The Collected Schizophrenias
In a time when conversations about mental illness are finally becoming more open in public discourse, Esmé Weijun Wang provides an essential voice about her own experience with schizoaffective disorder. This collection of essays walks through the science as well as personal experiences, providing an insightful look at an often misunderstood disorder.
The Bottom Line: This personal essay collection finds strong grounding in the author’s experience as a former Stanford law researcher, in addition to illuminating personal narratives.
You’ve never seen—or read—a courtroom drama like this. After an experimental medical device explodes, resulting in two fatalities, the couple that runs it are tried for murder. But everything—you guessed it—is not as it seems. As the community goes against them, they must decide how far they’d go to protect one another.

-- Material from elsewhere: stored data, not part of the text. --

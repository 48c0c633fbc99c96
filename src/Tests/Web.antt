-- ===== src/Tests/Web.antt =====
-- The gate, the session cookies and the auth store of provena-web/src on concrete inputs.
use Prim.Native.Char.{Char, code}
use Prim.Native.String.{[], ◌∷◌}
use Prim.Native.String
use text.Mathlib.TextLemmas.{nil-append, cons-append}
use provena.Base.{
  String, true, false, Option, some, ◌≡◌, ◌↔◌, ◌⊎◌, refl, ap, ◌∙◌, sym, ◌==◌, nat_eq, ◌≢◌,
  string_eq, is_blank, if◌then◌else◌, Bool, ◌||◌, ◌&&◌, not, arith,
}
use provena.Types.Auth.{UserProfile, buyer, supplier}
use provena.Session.Gate.{Cookies, next, redirect_login, middleware}
use provena.Session.Gate.Access.{Trusted, middleware-roles_iff, middleware-protected_iff}
use provena.Session.Gate.Hops.{Settles, follow-Settles}
use provena.Session.Navigation.{safe_next}
use provena.Session.Navigation.SafeNext.{
  UrlParser, SitePaths, NoBreaks-sound, safe_next_stays, NoBackslash-sound, safe_next-middleware,
  safe_next-foreign,
}
use provena.Session.Sync.{
  MeAnswer, not_ok, Request, bearer_token, post, strip_bearer, proto, is_space,
}
use provena.Session.Sync.Verified.{
  signed_out, verdict, full, cookies_after, middleware-post, cookies-post,
}
use provena.Session.Jar.{CookieJar, value_of, cookies_of}
use provena.Session.Store.{initial, initialise, set_user, set_access_token}
use provena.Session.Store.Agreement.{settle, sets_user, refreshes, here, step, Reach-initialise}

-- A browser that keeps its cookies as a function from names to values.
abbrev pub browser : CookieJar
browser = record {
  Jar = String → Option String;
  read = λ name jar. jar name;
  store = λ secure_page c jar name. if c.name == name then value_of c else jar name;
  read-store = λ secure_page c jar name h. refl;
}

-- The cookies of an administrator who used the browser before.
abbrev pub earlier : String → Option String
earlier name = if name == "user_role" then some "ADMIN" else some "1"

-- An API that knows one token, a supplier's.
abbrev pub me : String → MeAnswer
me token = if token == "t1" then full "SUPPLIER" else not_ok

abbrev pub request : Request
request = record {
  authorization = some "bearer  t1";
  x_forwarded_proto = some "https";
  protocol = "http:";
}

abbrev admin_cookies : Cookies
admin_cookies = record { has_session = some "1"; user_role = some "ADMIN"; totp_enabled = some "0" }

middleware-post_example :
    ((middleware (cookies_after browser earlier true (post me request)) "/admin/users" ≡ next)
      ↔ (me (bearer_token request.authorization) ≡ full "ADMIN"))
    × ((middleware (cookies_after browser earlier true (post me request)) "/supplier/orders" ≡ next)
        ↔ (me (bearer_token request.authorization) ≡ full "SUPPLIER"))
unfolding strip_bearer proto
middleware-post_example =
    middleware-post browser earlier true me request "/admin/users" "/supplier/orders" refl refl refl
      refl

cookies-post_example : cookies_after browser earlier true (post me request) ≡ (
    if is_blank (bearer_token request.authorization)
    then signed_out
    else verdict (me (bearer_token request.authorization)))
unfolding proto
cookies-post_example = cookies-post browser earlier true me request refl

abbrev pub user : UserProfile
user = record {
  id = "u1";
  email = "ada@example.com";
  first_name = "Ada";
  last_name = "Byron";
  role = buyer;
  totp_enabled = false;
  created_at = "";
}

-- An API that knows one account, to which every token belongs, with the role.
abbrev owner : String → String
owner token = "ada"

abbrev profiles : String → String → MeAnswer
profiles role account = if account == "ada" then full role else not_ok

-- A session is taken up again, its user becomes a supplier, and then its token is refreshed.
Reach-initialise_example :
    let resumed =
      settle browser request true owner
        (initialise true (some "t1") (λ _. some user) initial)
        earlier
        (profiles "BUYER") in
    cookies_of browser
      (settle browser request true owner
        (set_user true (record user { role = supplier }) resumed.store)
        resumed.jar
        (profiles "SUPPLIER")).jar
    ≡ verdict (full "SUPPLIER")
unfolding initialise set_user set_access_token proto strip_bearer is_space
Reach-initialise_example =
    Reach-initialise browser request true owner refl (some "t1") (λ _. some user) earlier
      (profiles "BUYER") _ (refl, refl)
      (step (step here (sets_user (record user { role = supplier }) (profiles "SUPPLIER")))
        (refreshes "t1" "t2" refl (refl, refl) refl))

middleware-roles_example :
    ((middleware admin_cookies "/admin/users" ≡ next) ↔ Trusted "ADMIN" admin_cookies)
    × ((middleware admin_cookies "/supplier/orders" ≡ next) ↔ Trusted "SUPPLIER" admin_cookies)
middleware-roles_example =
    middleware-roles_iff admin_cookies "/admin/users" "/supplier/orders" refl refl

middleware-protected_example :
    ((middleware signed_out "/orders/7" ≡ next) ↔ (signed_out.has_session ≡ some "1"))
    × ((middleware signed_out "/orders/7" ≡ next)
        ⊎ (middleware signed_out "/orders/7" ≡ redirect_login "/orders/7"))
middleware-protected_example = middleware-protected_iff signed_out "/orders/7" refl

follow-Settles_example : Settles 2 admin_cookies "/login"
follow-Settles_example = follow-Settles admin_cookies "/login"

safe_next-middleware_example : safe_next (some "/orders") "/catalogue" ≡ "/orders"
unfolding middleware
safe_next-middleware_example =
    safe_next-middleware signed_out "/orders" "/orders" "/catalogue" refl
      (NoBackslash-sound "/orders" refl)

-- A parser that skips tabs, and takes what is left to be where the browser goes.
abbrev skip_tabs : String → String
skip_tabs [] = []
skip_tabs (c ∷ s) = let rest = skip_tabs s in if code c == 9 then rest else c ∷ rest

skip_tabs-append :
    (a b : String) → skip_tabs (String.◌++◌ a ("\t" ∷ b)) ≡ skip_tabs (String.◌++◌ a b)
skip_tabs-append [] b = ap skip_tabs (nil-append ("\t" ∷ b)) ∙ sym (ap skip_tabs (nil-append b))
skip_tabs-append (c ∷ a) b =
    ap skip_tabs (cons-append c a ("\t" ∷ b))
    ∙ ap (λ rest. if code c == 9 then rest else c ∷ rest) (skip_tabs-append a b)
    ∙ sym (ap skip_tabs (cons-append c a b))

abbrev parser : UrlParser
parser = record {
  Origin = String;
  origin = skip_tabs;
  foreign = λ host. "/" ∷ "/" ∷ skip_tabs host;
  skips_tabs = skip_tabs-append;
  scheme_relative = λ host. refl;
}

safe_next-foreign_example :
    skip_tabs (safe_next (some ("/" ∷ "\t" ∷ "/" ∷ "evil")) "/catalogue")
    ≡ "/" ∷ "/" ∷ skip_tabs "evil"
safe_next-foreign_example =
    safe_next-foreign parser "evil" "/catalogue" (NoBackslash-sound "evil" refl)

-- A parser that knows whether a location stays on the site: one slash is followed by neither kind of
-- slash.
abbrev stays : String → Bool
stays [] = true
stays (a ∷ []) = true
stays (a ∷ c ∷ s) = not (code a == 47 && (code c == 47 || code c == 92))

stays_path : (a c : Char) (s : String) → code c ≢ 47 → code c ≢ 92 → stays (a ∷ c ∷ s) ≡ true
stays_path a c s ne ne' = ground arith

abbrev site : SitePaths
site = record {
  Origin = Bool;
  origin = stays;
  page = true;
  path = λ a c s slash ne ne' plain. stays_path a c s ne ne';
  root = λ a slash. refl;
}

safe_next_stays_example : stays (safe_next (some "//evil.example") "/catalogue") ≡ true
safe_next_stays_example =
    safe_next_stays site (some "//evil.example") "/catalogue" (NoBreaks-sound "//evil.example" refl)
      refl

The Bottom Line: This is a thriller that finds its strength in its depiction of relationships, identity, and fleshed-out court proceedings—the author, after all, is a former trial lawyer.
Mostly Dead Things
With a shocking, offbeat premise and a quirky setting, this debut novel paints an unlikely portrait of life after a sudden death in the family. Consider this a must-read if your sense of humor teeters toward the morbid end of the spectrum.
The Bottom Line: When taxidermy, Florida, and tragedy combine into one narrative, pretty much anything can happen.
The Care and Feeding of Ravenously Hungry Girls
The gutting family story of this novel makes for a moving read: When two women must take care of their sister’s teenage daughters in the wake of a shocking arrest, they find themselves confronted with shifting relationships, secrets, and emotional hardships. Generational secrets complicate a story that’s not so simple to begin with.
The Bottom Line: A rich, complex story of siblings and daughters makes for a thought-provoking read.
In the months that span from September to May, nothing feels more gratifying to me than a campus novel, and this one, which takes place in a suburban, competitive arts high school in the 1980s, feels especially innovative. It’s filled with narrative shifts that challenge concepts of memory and truth.
The Bottom Line: If you’re up for an untraditional narrative structure, some experimental shifts, and a twist that rolls out subtly, this book is for you.
On the Come Up
Angie Thomas made her major literary debut with the release of her deeply impactful The Hate U Give. Her upcoming novel—also a YA book, though certainly enjoyable for readers of all ages—focuses on a teenage girl who wants to become the next greatest rapper. When she goes viral for the wrong reasons, though, she meets a tough problem that’s embedded in class struggle and identity.
The Bottom Line: Thomas’s storytelling is masterful, and in her sophomore release, she’s sure to deliver a novel that’s just as empathetic, riveting, and meaningful as her first.